Durant la nuit du 31 mai au 1erjuin, le tunnel de base changera officiellement de propriétaire, passant des mains d’AlpTransit Saint-Gothard SA, qui l’a construit, à celles des CFF. S’ensuivra une période d’essais qui entrera dans le vif en septembre et se poursuivra jusqu’au changement d’horaire de décembre lorsque les principales liaisons avec le nord des Alpes seront opérationnelles.

Dernières finitions

De manière générale, le tunnel pourra être utilisé dès la 2e semaine du mois de juin, au terme des festivités. Mais jusqu’à fin août il s’agit de procéder aux dernières finitions et ce n’est que le 5 septembre que la phase d’essai prendra réellement son envol. Cette période permettra aux entreprises de transport ferroviaire de parfaire la formation du personnel roulant. Dès le mois de septembre, il est en effet possible que certains trains de voyageurs soient déviés par le tunnel de base, par exemple en cas de retard, pour autant que les trains et le personnel remplissent les conditions pour le faire.

« Pour les marchandises, nous comptons contacter les entreprises de transport ferroviaire pour coordonner l’utilisation du tunnel de base, si possible avec des conditions de traction adéquates, pas de celles adaptées à la montagne. Il n’y a qu’ainsi qu’on puisse vérifier les conditions de circulation et les capacités du tunnel. Pour les voyageurs, les décisions relatives aux déviations seront prises conjointement par le centre opérationnel de la Division Voyageurs et la centrale d’engagement de Pollegio. Ce sont néanmoins aux entreprises de transport qu’incombe la responsabilité du respect des normes d’accès au tunnel », explique Thomas Senekowitsch, codirecteur horaires et design du réseau pour le projet Nord-Sud.

Prêts en cas d’urgence

Le dispositif en cas de secours est opérationnel dès à présent, comme le confirme Paolo Tappa, responsable du secteur intervention pour le Tessin à Biasca : « Nous avons cinq collaborateurs prêts à intervenir et ce toute l’année. Ils ont déjà terminé leur formation au sein du tunnel et nous avons le soutien du corps des pompiers de Biasca. » Douze collaborateurs d’Airolo viendront garnir l’effectif actuel qui compte 26 personnes, et ce d’ici avril prochain.

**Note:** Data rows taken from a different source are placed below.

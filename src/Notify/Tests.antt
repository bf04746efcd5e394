-- ===== src/Notify/Tests.antt =====
-- A consumer whose first delivery was interrupted, and a witness.
use trade_reconcile_system.Base.{
  Bool, [], false, find, if◌then◌else◌, length, none, refl, some, true, ℕ, ◌+◌, ◌∷◌, ◌≡◌,
}
use trade_reconcile_system.Base.Bytes.{Bytes, codes, str_eq}
use trade_reconcile_system.Base.Decimal.{digits, to_string}
use trade_reconcile_system.Base.Int.{pos}
use trade_reconcile_system.Dao.Notify.{fits_notify, notify_clashes, notify_row}
use trade_reconcile_system.Db.{Db, NotifyRow}
use trade_reconcile_system.Db.Monad.{Env, World, done}
use trade_reconcile_system.Db.Text.{sql_eq}
use trade_reconcile_system.Ids.{Generator, fresh_generator, id_text, layout, next_number}
use trade_reconcile_system.Models.Json.{JsonReader}
use trade_reconcile_system.Models.Result.{ok}
use trade_reconcile_system.Notify.{Consumer, ack, handle_message, http_response}
use trade_reconcile_system.Notify.Leaks.{refusing, run_loop-leaks}
use trade_reconcile_system.Notify.Repeats.{HasTexts, handle_message-repeats}
use trade_reconcile_system.Notify.Subscribe.{
  connect_and_subscribe, drop_conn, lose_connection, new_subscriber, note_call, round_of, run_loop,
  run_steps,
}

abbrev env : Env
env = record {
  clock = λ n. 1704067200000 + n;
  rounds = 5;
  db_now = 1704067200;
  write_compact = λ j. codes "{}";
  write_styled = λ j. codes "{ }";
}

-- A parsed body, and the text of a member.
data Body : Type 0 where
  whole : Body
  member_text : Bytes → Body

abbrev text_at : Bytes → Bytes
text_at key =
    if str_eq key (codes "messageId")
    then codes "9"
    else if str_eq key (codes "orderNo")
    then codes "42"
    else codes "19.90"

abbrev reader : JsonReader Body
reader = record {
  takes_keys = λ j. true;
  is_member = λ j key. true;
  at = λ j key. member_text (text_at key);
  is_numeric = λ j. false;
  is_string = λ j. true;
  as_int = λ j. none;
  as_int64 = λ j. none;
  as_string = λ j. elim j [ whole ↦ none | member_text s ↦ some s ];
  as_bool = λ j. none;
}

abbrev consumer : Consumer Body
consumer = record {
  parse = λ message. some whole;
  reader = reader;
  notify_base_url = codes "http://127.0.0.1:8080";
  answer = λ attempt. http_response 200 [];
}

texts : HasTexts consumer []
unfolding str_eq
texts = record {
  json = whole;
  parsed = refl;
  keyed = refl;
  has_id = refl;
  has_order = refl;
  message_id = codes "9";
  id_value = refl;
  order_no = codes "42";
  order_value = refl;
  amount = codes "19.90";
  amount_value = refl;
}

-- The record of a delivery that has not reached the merchant: status 0.
abbrev interrupted : NotifyRow
interrupted = record {
  notify_no = codes "77";
  order_no = codes "42";
  target_url = codes "http://127.0.0.1:8080/api/v1/mock/notify";
  response_body = [];
  status = 0;
  retry_count = 0;
  message_id = codes "9";
}

abbrev shop : Db
shop = record {
  products = [];
  orders = [];
  idempotents = [];
  accounts = [];
  flows = [];
  payments = [];
  messages = [];
  notifies = interrupted ∷ [];
  batches = [];
  diffs = [];
}

abbrev start : World
start = record {
  committed = shop;
  working = shop;
  finished = false;
  generator = fresh_generator;
  faults = [];
}

abbrev first_generator : Generator
first_generator = record { last_timestamp_ms = pos 1704067200000; sequence = 0; readings = 1 }

handle_message-repeats_example :
    let (o, w') = handle_message env consumer [] (record start { faults = [] }) in
    (o ≡ done (ack, [])) × (w'.committed ≡ start.committed)
unfolding next_number fits_notify notify_row notify_clashes find sql_eq str_eq layout id_text
    to_string digits texts
handle_message-repeats_example =
    handle_message-repeats consumer env [] start texts (layout 1704067200000 0) first_generator
      interrupted refl refl refl

abbrev willing : ℕ → Bool
willing n = true

-- A subscription that succeeds makes twelve calls and consumes with manual acknowledgement; when its
-- connection is lost, nothing is left.
subscribes :
    let (ok, s) = connect_and_subscribe willing new_subscriber in
    (ok ≡ true)
    × (s.live ≡ 1)
    × (length s.history ≡ 12)
    × ((run_loop willing 1 new_subscriber).live ≡ 0)
unfolding connect_and_subscribe run_steps note_call run_loop round_of lose_connection drop_conn
subscribes = (refl, refl, refl, refl)

run_loop-leaks_example : (run_loop refusing 3 new_subscriber).live ≡ 3
run_loop-leaks_example = run_loop-leaks 3
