-- ===== src/OrderService/Succeeds.antt =====
-- When `createOrder` does place an order.
use trade_reconcile_system.Models.Result
use trade_reconcile_system.Base.{
  [], arith, count_where, false, find, none, not, refl, some, true, ℕ, ◌++◌, ◌+◌, ◌<◌, ◌==◌, ◌∷◌,
  ◌≡◌,
}
use trade_reconcile_system.Dao.Idempotent.{
  acquired, acquired_row, find_idempotent, fits_idempotent, has_request_id, insert_idempotent,
  mark_rows, mark_success, try_acquire,
}
use trade_reconcile_system.Dao.Order.{clashes, fits_order, insert_order, insert_row, order_row}
use trade_reconcile_system.Dao.Product.{
  deduct_products, deduct_stock, deductible, find_product, get_by_id,
}
use trade_reconcile_system.Db.Monad.{
  Env, World, begin_transaction, commit, done, exec, exec_on, guard_exit, in_transaction, next_id,
  or_throw, pure, read_clock, require, resume, store_generated, transaction, ◌>>=◌, ◌>>◌,
}
use trade_reconcile_system.Ids.{Generator, generated, id_text, next_number}
use trade_reconcile_system.Models.Account.{Idempotent, being_processed}
use trade_reconcile_system.Models.Order.{CreateOrderReq, Order, Product, on_sale}
use trade_reconcile_system.Models.Result.{Result, ok}
use trade_reconcile_system.OrderService.{
  body, build_idempotent_record, caught, create_order, create_order_api_path, db_time,
  db_time_after, executed, idempotent_expire_minutes, in_range, new_order, order_expire_minutes,
  place, proceed, record_order, snapshot, take_stock,
}
use trade_reconcile_system.OrderService.Replay.{FitsKey, key_fits}

-- The steps on a world where no statement fails, each with what it needs.
acquires :
    (i : Idempotent) (w : World)
    → fits_idempotent i ≡ true
    → find (has_request_id i.request_id) w.working.idempotents ≡ none
    → try_acquire i (record w { faults = [] }) ≡ (
      done acquired,
      record w {
        working = record w.working { idempotents = w.working.idempotents ++ acquired_row i ∷ [] };
        faults = [];
      },
    )
unfolding try_acquire insert_idempotent exec exec_on in_transaction ◌>>=◌ resume pure
acquires i w fits absent = rw (fits, absent)

not_zero : {n : ℕ} → 0 < n → not (n == 0) ≡ true
not_zero h = ground arith

takes :
    (req : CreateOrderReq) (w : World) (p : Product)
    → find_product req.product_id w.working ≡ some p
    → on_sale p ≡ true
    → 0 < count_where (deductible req.product_id req.quantity) w.working.products
    → take_stock req (record w { faults = [] }) ≡ (
      done p,
      record w {
        working = record w.working {
          products = deduct_products req.product_id req.quantity w.working.products;
        };
        faults = [];
      },
    )
unfolding take_stock get_by_id deduct_stock exec exec_on in_transaction ◌>>=◌ ◌>>◌ resume pure
    or_throw require
takes req w p found sale stock = rw (found, sale, not_zero stock)

records :
    (env : Env) (req : CreateOrderReq) (o : Order) (w : World)
    → fits_order (order_row o) ≡ true
    → find (clashes (order_row o)) w.working.orders ≡ none
    → record_order env req o (record w { faults = [] }) ≡ (
      done o,
      record w {
        working = record w.working {
          orders = w.working.orders ++ order_row o ∷ [];
          idempotents =
              mark_rows req.request_id (snapshot env o req.request_id) w.working.idempotents;
        };
        faults = [];
      },
    )
unfolding record_order insert_order insert_row mark_success exec exec_on in_transaction ◌>>=◌ ◌>>◌
    resume pure
records env req o w fits absent = rw (fits, absent)

-- The order of a request, from the generator's number and the clock after it.
abbrev pub order_at : Env → CreateOrderReq → Product → ℕ → Generator → Order
order_at env req p n g =
    new_order req p (id_text n) (db_time (env.clock g.readings) order_expire_minutes)

places :
    (env : Env) (req : CreateOrderReq) (w : World) (p : Product) (n : ℕ) (g : Generator)
    → find_product req.product_id w.working ≡ some p
    → on_sale p ≡ true
    → 0 < count_where (deductible req.product_id req.quantity) w.working.products
    → next_number env.rounds env.clock w.generator ≡ generated n g
    → fits_order (order_row (order_at env req p n g)) ≡ true
    → find (clashes (order_row (order_at env req p n g))) w.working.orders ≡ none
    → place env req (record w { faults = [] }) ≡ (
      done (order_at env req p n g),
      record w {
        working = record w.working {
          products = deduct_products req.product_id req.quantity w.working.products;
          orders = w.working.orders ++ order_row (order_at env req p n g) ∷ [];
          idempotents =
              mark_rows req.request_id
                (snapshot env (order_at env req p n g) req.request_id)
                w.working.idempotents;
        };
        generator = record g { readings = g.readings + 1 };
        faults = [];
      },
    )
unfolding place next_id store_generated db_time_after read_clock ◌>>=◌ ◌>>◌ resume pure
places env req w p n g found sale stock issued fits absent =
    let taken : World = record w {
      working = record w.working {
        products = deduct_products req.product_id req.quantity w.working.products;
      };
      generator = record g { readings = g.readings + 1 };
    } in
    rw (takes req w p found sale stock)
      (rw issued (records env req (order_at env req p n g) taken fits absent))

-- When the quantity is in range, the request new, the product on sale with stock for the quantity,
-- the id generator gives a number whose order fits its table, and no statement fails, `createOrder`
-- answers with the order: the product's price at that moment, the new number, the expiry after
-- thirty minutes.
pub create_order-succeeds :
    (env : Env) (req : CreateOrderReq) (w : World) (p : Product) (n : ℕ) (g : Generator)
    → in_range req.quantity ≡ true
    → FitsKey req
    → find_idempotent req.request_id w.committed ≡ none
    → find_product req.product_id w.committed ≡ some p
    → on_sale p ≡ true
    → 0 < count_where (deductible req.product_id req.quantity) w.committed.products
    → next_number env.rounds env.clock (record w.generator { readings = w.generator.readings + 1 })
      ≡ generated n g
    → fits_order (order_row (order_at env req p n g)) ≡ true
    → find (clashes (order_row (order_at env req p n g))) w.committed.orders ≡ none
    → (create_order env req (record w { faults = [] })).0
      ≡ done (executed (Result.ok (order_at env req p n g) req.request_id))
unfolding create_order caught transaction body build_idempotent_record proceed db_time_after
    read_clock exec exec_on in_transaction pure begin_transaction guard_exit find_idempotent
    find_product commit ◌>>=◌ ◌>>◌ resume
create_order-succeeds env req w p n g ranged (a, b, c) new found sale stock issued fits absent =
    let i : Idempotent = record {
      request_id = req.request_id;
      user_id = req.user_id;
      api_path = create_order_api_path;
      request_hash = req.request_hash;
      response_body = [];
      status = being_processed;
      expire_time = db_time (env.clock w.generator.readings) idempotent_expire_minutes;
    } in
    let u : World = record w {
      working = w.committed;
      finished = false;
      generator = record w.generator { readings = w.generator.readings + 1 };
    } in
    let v : World = record u {
      working = record w.committed { idempotents = w.committed.idempotents ++ acquired_row i ∷ [] };
    } in
    let acquired_first = acquires i u (key_fits i a b (omega arith) c) new in
    let placed = places env req v p n g found sale stock issued fits absent in
    rw ranged (rw acquired_first (rw placed refl))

Les conséquences sur la ligne de montagne

Quand le tunnel de base sera opérationnel, l’utilisation de la ligne de montagne sera drastiquement réduite. Actuellement, seuls 32 trains par jour sont prévus, à la cadence horaire de 6h et 22h entre Bellinzone et Erstfeld. Il n’est pas prévu que la ligne soit utilisée en cas de perturbation, de surcharge ou pour d’autres raisons.

Une situation que le Tessin observe avec préoccupation, notamment en Léventine, même si pour l’instant c’est l’attente de la nouvelle ligne et ses retombées positives qui prédomine.